Persistence graphical tools reference manual

gudhi.plot_persistence_barcode(persistence=[], persistence_file='', alpha=0.6, max_intervals=1000, max_barcodes=1000, inf_delta=0.1, legend=False, colormap=None, axes=None)[source]

This function plots the persistence bar code from persistence values list or from a persistence file.

Parameters
  • persistence (list of tuples(dimension, tuple(birth, death))) – Persistence intervals values list grouped by dimension.

  • persistence_file (string) – A persistence file style name (reset persistence if both are set).

  • alpha (float.) – barcode transparency value (0.0 transparent through 1.0 opaque - default is 0.6).

  • max_intervals (int.) – maximal number of intervals to display. Selected intervals are those with the longest life time. Set it to 0 to see all. Default value is 1000.

  • inf_delta (float.) – Infinity is placed at ((max_death - min_birth) x inf_delta) above max_death value. A reasonable value is between 0.05 and 0.5 - default is 0.1.

  • legend (boolean.) – Display the dimension color legend (default is False).

  • colormap (tuple of colors (3-tuple of float between 0. and 1.)) – A matplotlib-like qualitative colormaps. Default is None which means matplotlib.cm.Set1.colors.

  • axes (matplotlib.axes.Axes) – A matplotlib-like subplot axes. If None, the plot is drawn on a new set of axes.

Returns

(matplotlib.axes.Axes): The axes on which the plot was drawn.

gudhi.plot_persistence_diagram(persistence=[], persistence_file='', alpha=0.6, band=0.0, max_intervals=1000, max_plots=1000, inf_delta=0.1, legend=False, colormap=None, axes=None)[source]

This function plots the persistence diagram from persistence values list or from a persistence file.

Parameters
  • persistence (list of tuples(dimension, tuple(birth, death))) – Persistence intervals values list grouped by dimension.

  • persistence_file (string) – A persistence file style name (reset persistence if both are set).

  • alpha (float.) – plot transparency value (0.0 transparent through 1.0 opaque - default is 0.6).

  • band (float.) – band (not displayed if \(\leq\) 0. - default is 0.)

  • max_intervals (int.) – maximal number of intervals to display. Selected intervals are those with the longest life time. Set it to 0 to see all. Default value is 1000.

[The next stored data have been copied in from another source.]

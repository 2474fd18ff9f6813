-- ===== src/Service/Catalog.antt =====
-- internal/catalog/service.go and operation_service.go: the changes of the catalog, and what an
-- agent's request is resolved to. The repository of operations is there. A version that is not
-- positive is 0, and the method of an HTTP template is decoded by a parameter.
pub mod Connections
pub mod Bindings
pub mod Sound
pub mod Accepted
use mathlib.Core.Bool.{Bool, true, false, not, ◌&&◌, ◌||◌}
use mathlib.Core.Option.{Option, none, some}
use mathlib.Core.List.{List, [], ◌∷◌}
use Prim.Native.Nat.{ℕ}
use agent_key_vault_jit_acce.Prelude.Tests.{◌==◌, is_none, is_some, holds_value}
use agent_key_vault_jit_acce.Domain.Values.{Uuid, Time, Bytes, OperationKind, text}
use agent_key_vault_jit_acce.Domain.Accounts.{User}
use agent_key_vault_jit_acce.Domain.Catalog.{
  ConnectorType, CredentialType, ExecutorType, ConnectionConfig, Target, Credential,
  OperationVersion, TargetOperationBinding,
}
use agent_key_vault_jit_acce.Store.Action.{
  Action, forbidden, invalid_input, unavailable, ◌>>=◌, ◌>>◌, pure, when_raise, or_raise, mask,
}
use agent_key_vault_jit_acce.Store.Catalog.{
  find_target_with_default_credential, find_active_target_and_default_credential,
}
use agent_key_vault_jit_acce.Store.Catalog
use agent_key_vault_jit_acce.Store.Catalog.Operations.{upsert_target_operation_binding}
use agent_key_vault_jit_acce.Store.Catalog.Operations
use agent_key_vault_jit_acce.Store.Catalog.Joins.{ResolvedOperation}
use agent_key_vault_jit_acce.Store.Catalog.Finds.{
  find_operation_version, find_active_operation_for_request,
}
use agent_key_vault_jit_acce.Service.Identity.{can_manage_users_and_targets}
use agent_key_vault_jit_acce.Service.Catalog.Connections.{
  NetLibrary, is_one_of, validate_connection,
}

unfoldable pub compatible_kind : ExecutorType → OperationKind → Bool
compatible_kind ExecutorType.http OperationKind.http = true
compatible_kind ExecutorType.postgresql OperationKind.postgresql_statement = true
compatible_kind ExecutorType.postgresql OperationKind.postgresql_transaction = true
compatible_kind ExecutorType.sign OperationKind.sign = true
compatible_kind _ _ = false

unfoldable pub compatible_types : ExecutorType → ConnectorType → CredentialType → Bool
compatible_types ExecutorType.http ConnectorType.http CredentialType.api_key = true
compatible_types ExecutorType.http ConnectorType.http CredentialType.access_token = true
compatible_types ExecutorType.http ConnectorType.http CredentialType.username_password = true
compatible_types ExecutorType.postgresql ConnectorType.postgresql CredentialType.username_password =
    true
compatible_types ExecutorType.postgresql ConnectorType.postgresql
      CredentialType.postgresql_dynamic =
    true
compatible_types ExecutorType.sign _ CredentialType.transit_key = true
compatible_types _ _ _ = false

abbrev pub compatible_target : ExecutorType → Target → Credential → Bool
compatible_target executor target credential =
    compatible_types executor target.connector_type credential.credential_type

abbrev pub allows_method : Target → Option Bytes → Bool
allows_method target none = false
allows_method target (some method) = is_one_of target.connection_config.allowed_http_methods method

unfoldable pub fits_by_kind :
    (Bytes → Option Bytes) → OperationKind → OperationVersion → Target → Bool
fits_by_kind method_of OperationKind.http definition target =
    allows_method target (method_of definition.execution_template)
fits_by_kind method_of _ definition target = true

abbrev pub definition_fits_target : (Bytes → Option Bytes) → OperationVersion → Target → Bool
definition_fits_target method_of definition target =
    fits_by_kind method_of definition.operation_kind definition target

abbrev pub refuses_change : User → Uuid → Bool
refuses_change actor id = not (can_manage_users_and_targets actor) || id == 0

unfoldable pub update_target :
    NetLibrary → User → Uuid → Bytes → ConnectionConfig → Time → Action (Unit {0})
update_target net actor target_id description configuration now = do
  when_raise (refuses_change actor target_id) forbidden
  found ← mask (λ e. invalid_input) (find_target_with_default_credential target_id)
  config ←
      or_raise
        (validate_connection net found.0.connector_type configuration found.1.credential_type)
        invalid_input
  Catalog.update_target (record found.0 { description = description; connection_config = config })
      now
  pure tt

unfoldable pub set_target_active : User → Uuid → Bool → Time → Action (Unit {0})
set_target_active actor target_id active now = do
  when_raise (refuses_change actor target_id) forbidden
  Catalog.set_target_active target_id active now
  pure tt

unfoldable pub set_credential_active : User → Uuid → Bool → Time → Action (Unit {0})
set_credential_active actor credential_id active now = do
  when_raise (refuses_change actor credential_id) forbidden
  Catalog.set_credential_active credential_id active now
  pure tt

unfoldable pub set_operation_set_active : User → Uuid → Bool → Time → Action (Unit {0})
set_operation_set_active actor id active now = do
  when_raise (refuses_change actor id) forbidden
  Operations.set_operation_set_active id active actor.id now
  pure tt

unfoldable pub set_operation_active : User → Uuid → Bool → Time → Action (Unit {0})
set_operation_active actor id active now = do
  when_raise (refuses_change actor id) forbidden
  Operations.set_operation_active id active actor.id now
  pure tt

unfoldable pub bind_operation :
    (Bytes → Option Bytes) → User → Uuid → Uuid → ℕ → Bool → Time → Action TargetOperationBinding
bind_operation method_of actor target_id operation_id version active now = do
  when_raise (refuses_change actor target_id || operation_id == 0 || version == 0) forbidden
  found ← mask (λ e. unavailable) (find_target_with_default_credential target_id)
  operation ← mask (λ e. invalid_input) (find_operation_version operation_id version)
  when_raise
      (not (compatible_target operation.0.executor_type found.0 found.1)
        || not (compatible_kind operation.0.executor_type operation.2.operation_kind)
        || not (definition_fits_target method_of operation.2 found.0))
      invalid_input
  let binding : TargetOperationBinding = record {
    target_id = target_id;
    operation_id = operation_id;
    version = version;
    active = active;
    policy = text "{}";
    created_by = actor.id;
    updated_by = actor.id;
    created_at = now;
    updated_at = now;
  }
  upsert_target_operation_binding binding
  pure binding

unfoldable pub resolve_for_request : Uuid → Action (Target × Credential)
resolve_for_request target_id = do
  when_raise (target_id == 0) invalid_input
  found ← mask (λ e. unavailable) (find_active_target_and_default_credential target_id)
  when_raise
      (not found.0.active
        || not found.1.active
        || not (holds_value found.0.default_credential_id found.1.id)
        || not (found.1.target_id == found.0.id))
      unavailable
  pure found

unfoldable pub resolve_operation_for_request : Uuid → Uuid → ℕ → Action ResolvedOperation
resolve_operation_for_request target_id operation_id version = do
  when_raise (target_id == 0 || operation_id == 0 || version == 0) invalid_input
  r ← mask (λ e. unavailable) (find_active_operation_for_request target_id operation_id version)
  when_raise
      (not r.target.active
        || not r.credential.active
        || not r.operation_set.active
        || not r.operation.active
        || not (r.version.version == version)
        || not (holds_value r.target.default_credential_id r.credential.id))
      unavailable
  when_raise
      (not (compatible_target r.operation_set.executor_type r.target r.credential)
        || not (compatible_kind r.operation_set.executor_type r.version.operation_kind))
      unavailable
  pure r
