-- ===== src/Store/Catalog/Selected.antt =====
-- What the finders of the catalog find.
use mathlib.Core.Path.{◌≡◌, refl, sym, ap, ◌∙◌}
use mathlib.Core.Option.{Option, none, some, bind}
use Prim.Native.Nat.{ℕ}
use agent_key_vault_jit_acce.Prelude.Tests.{and-eq-true, ◌==◌, ==→eq}
use agent_key_vault_jit_acce.Prelude.Rows.{find_row}
use agent_key_vault_jit_acce.Prelude.Evolves.{Any, find_row-passes, find_row-Any}
use agent_key_vault_jit_acce.Store.Tables.{
  Db, Uuid, Target, Credential, OperationSet, SafeOperation, OperationVersion, Catalog,
}
use agent_key_vault_jit_acce.Store.Action.Ensures.{
  Ensures, reads-Ensures, bind-Ensures, or_raise-Ensures, guard-Ensures, pure-Ensures,
  after-Ensures,
}
use agent_key_vault_jit_acce.Store.Catalog.{default_credential, find_target_with_default_credential}
use agent_key_vault_jit_acce.Store.Catalog.Joins.{find_version, version_row}
use agent_key_vault_jit_acce.Store.Catalog.Finds.{find_operation_version}

-- A target of the catalog and its default credential.
pub record IsSelected (c : Catalog) (id : Uuid) (r : Target × Credential) : Type 0 where
  pub target : Any (λ t. t ≡ r.0) c.targets
  pub named : r.0.id ≡ id
  pub credential : Any (λ k. k ≡ r.1) c.credentials
  pub default : r.0.default_credential_id ≡ some r.1.id

-- A version of an operation of the catalog, with the operation and its set.
pub record IsVersion (c : Catalog) (id : Uuid) (version : ℕ)
    (r : OperationSet × SafeOperation × OperationVersion) : Type 0 where
  pub operation_set : Any (λ s. s ≡ r.0) c.operation_sets
  pub operation : Any (λ o. o ≡ r.1) c.operations
  pub definition : Any (λ v. v ≡ r.2) c.operation_versions
  pub owner : r.0.id ≡ r.1.operation_set_id
  pub named : r.1.id ≡ id
  pub defines : r.2.operation_id ≡ id
  pub numbered : r.2.version ≡ version

bind-some :
    {A B : Type 0} (o : Option A) (f : A → Option B) (b : B)
    → bind o f ≡ some b
    → (a : A) × (o ≡ some a) × (f a ≡ some b)
unfolding bind
bind-some none f b h = absurd (cc)
bind-some (some a) f b h = (a, refl, h)

module _ (c : Catalog) where
  credential-found :
      (t : Target) (id : Uuid) (o : Option Credential) (r : Target × Credential)
      → ◌≡◌ {A = Option (Target × Credential)}
          (elim o [ none ↦ none | some k ↦ some (t, k) ])
          (some r)
      → (o ≡ some r.1) × (r.0 ≡ t)
  credential-found t id none r h = absurd (cc)
  credential-found t id (some k) r h = (cc, cc)

  default-found :
      (t : Target) (o : Option Uuid) (r : Target × Credential)
      → ◌≡◌ {A = Option (Target × Credential)}
          (elim o [
            | none ↦ none
            | some id ↦ elim (find_row (λ k. k.id == id) c.credentials) [
              | none ↦ none
              | some k ↦ some (t, k)
            ]
          ])
          (some r)
      → (r.0 ≡ t) × (o ≡ some r.1.id) × Any (λ k. k ≡ r.1) c.credentials
  default-found t none r h = absurd (cc)
  default-found t (some id) r h =
      let (found, same) = credential-found t id (find_row (λ k. k.id == id) c.credentials) r h in
      (
        same,
        ap some (sym (==→eq _ _ (find_row-passes _ c.credentials r.1 found))),
        find_row-Any (λ k. k ≡ r.1) _ c.credentials r.1 found refl,
      )

  default_credential-IsSelected :
      (id : Uuid) (o : Option Target) (r : Target × Credential)
      → find_row (λ t. t.id == id) c.targets ≡ o
      → default_credential c o ≡ some r
      → IsSelected c id r
  unfolding default_credential
  default_credential-IsSelected id none r found h = absurd (cc)
  default_credential-IsSelected id (some t) r found h =
      let (same, default, credential) = default-found t t.default_credential_id r h in
      record {
        target = find_row-Any (λ x. x ≡ r.0) _ c.targets t found (sym same);
        named = ap (λ (x : Target). x.id) same ∙ ==→eq _ _ (find_row-passes _ c.targets t found);
        credential = credential;
        default = ap (λ (x : Target). x.default_credential_id) same ∙ default;
      }

  version_row-IsVersion :
      (id : Uuid) (version : ℕ) (r : OperationSet × SafeOperation × OperationVersion)
      → version_row c id version ≡ some r
      → IsVersion c id version r
  unfolding version_row find_version
  version_row-IsVersion id version r h =
      let (o, operation, h₁) = bind-some _ _ r h in
      let (s, operation_set, h₂) = bind-some _ _ r h₁ in
      let (v, definition, h₃) = bind-some _ _ r h₂ in
      let same₀ : s ≡ r.0 = cc in
      let same₁ : o ≡ r.1 = cc in
      let same₂ : v ≡ r.2 = cc in
      let named : o.id ≡ id = ==→eq _ _ (find_row-passes _ c.operations o operation) in
      let (defines, numbered) =
        and-eq-true _ _ (find_row-passes _ c.operation_versions v definition) in
      record {
        operation_set = find_row-Any (λ x. x ≡ r.0) _ c.operation_sets s operation_set same₀;
        operation = find_row-Any (λ x. x ≡ r.1) _ c.operations o operation same₁;
        definition = find_row-Any (λ x. x ≡ r.2) _ c.operation_versions v definition same₂;
        owner =
            ap (λ (x : OperationSet). x.id) (sym same₀)
            ∙ ==→eq _ _ (find_row-passes _ c.operation_sets s operation_set)
            ∙ ap (λ (x : SafeOperation). x.operation_set_id) same₁;
        named = ap (λ (x : SafeOperation). x.id) (sym same₁) ∙ named;
        defines =
            ap (λ (x : OperationVersion). x.operation_id) (sym same₂) ∙ ==→eq _ _ defines ∙ named;
        numbered = ap (λ (x : OperationVersion). x.version) (sym same₂) ∙ ==→eq _ _ numbered;
      }

module _ (before : Db) where
  pub find_target-IsSelected :
      (id : Uuid)
      → Ensures
          (λ d. d ≡ before)
          (find_target_with_default_credential id)
          (λ r d. (d ≡ before) × IsSelected before.catalog id r)
  unfolding find_target_with_default_credential
  find_target-IsSelected id = reads-Ensures _ _ _ _ λ found.
      after-Ensures _ _ _ _ (or_raise-Ensures _ _ _) λ r d p.
        let same : d ≡ before = p.0.0 in
        (
          same,
          default_credential-IsSelected before.catalog id _ r refl (
              ap
                (λ (x : Db).
                  default_credential x.catalog (find_row (λ t. t.id == id) x.catalog.targets))
                (sym same)
              ∙ sym p.0.1
              ∙ p.1),
        )

  pub find_operation-IsVersion :
      (id : Uuid) (version : ℕ)
      → Ensures
          (λ d. d ≡ before)
          (find_operation_version id version)
          (λ r d. (d ≡ before) × IsVersion before.catalog id version r)
  unfolding find_operation_version
  find_operation-IsVersion id version = reads-Ensures _ _ _ _ λ found.
      bind-Ensures _ _ _ _ _ (or_raise-Ensures _ _ _) λ row. guard-Ensures _ _ _ _ _ λ current.
        guard-Ensures _ _ _ _ _ λ whole. pure-Ensures _ _ _ λ d p.
          let same : d ≡ before = p.0.0 in
          (
            same,
            version_row-IsVersion before.catalog id version row
                (ap (λ (x : Db). version_row x.catalog id version) (sym same) ∙ sym p.0.1 ∙ p.1),
          )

  • inf_delta (float.) – Infinity is placed at ((max_death - min_birth) x inf_delta) above max_death value. A reasonable value is between 0.05 and 0.5 - default is 0.1.

  • legend (boolean.) – Display the dimension color legend (default is False).

  • colormap (tuple of colors (3-tuple of float between 0. and 1.)) – A matplotlib-like qualitative colormaps. Default is None which means matplotlib.cm.Set1.colors.

  • axes (matplotlib.axes.Axes) – A matplotlib-like subplot axes. If None, the plot is drawn on a new set of axes.

Returns

(matplotlib.axes.Axes): The axes on which the plot was drawn.

gudhi.plot_persistence_density(persistence=[], persistence_file='', nbins=300, bw_method=None, max_intervals=1000, dimension=None, cmap=None, legend=False, axes=None)[source]

This function plots the persistence density from persistence values list or from a persistence file. Be aware that this function does not distinguish the dimension, it is up to you to select the required one. This function also does not handle degenerate data set (scipy correlation matrix inversion can fail).

Parameters
  • persistence (list of tuples(dimension, tuple(birth, death))) – Persistence intervals values list grouped by dimension.

  • persistence_file (string) – A persistence file style name (reset persistence if both are set).

  • nbins (int.) – Evaluate a gaussian kde on a regular grid of nbins x nbins over data extents (default is 300)

  • bw_method (str, scalar or callable, optional.) – The method used to calculate the estimator bandwidth. This can be ‘scott’, ‘silverman’, a scalar constant or a callable. If a scalar, this will be used directly as kde.factor. If a callable, it should take a gaussian_kde instance as only parameter and return a scalar. If None (default), ‘scott’ is used. See scipy.stats.gaussian_kde documentation for more details.

  • max_intervals (int.) – maximal number of points used in the density estimation. Selected intervals are those with the longest life time. Set it to 0 to see all. Default value is 1000.

  • dimension (int.) – the dimension to be selected in the intervals (default is None to mix all dimensions).

  • cmap (cf. matplotlib colormap.) – A matplotlib colormap (default is matplotlib.pyplot.cm.hot_r).

  • legend (boolean.) – Display the color bar values (default is False).

  • axes (matplotlib.axes.Axes) – A matplotlib-like subplot axes. If None, the plot is drawn on a new set of axes.

Returns

(matplotlib.axes.Axes): The axes on which the plot was drawn.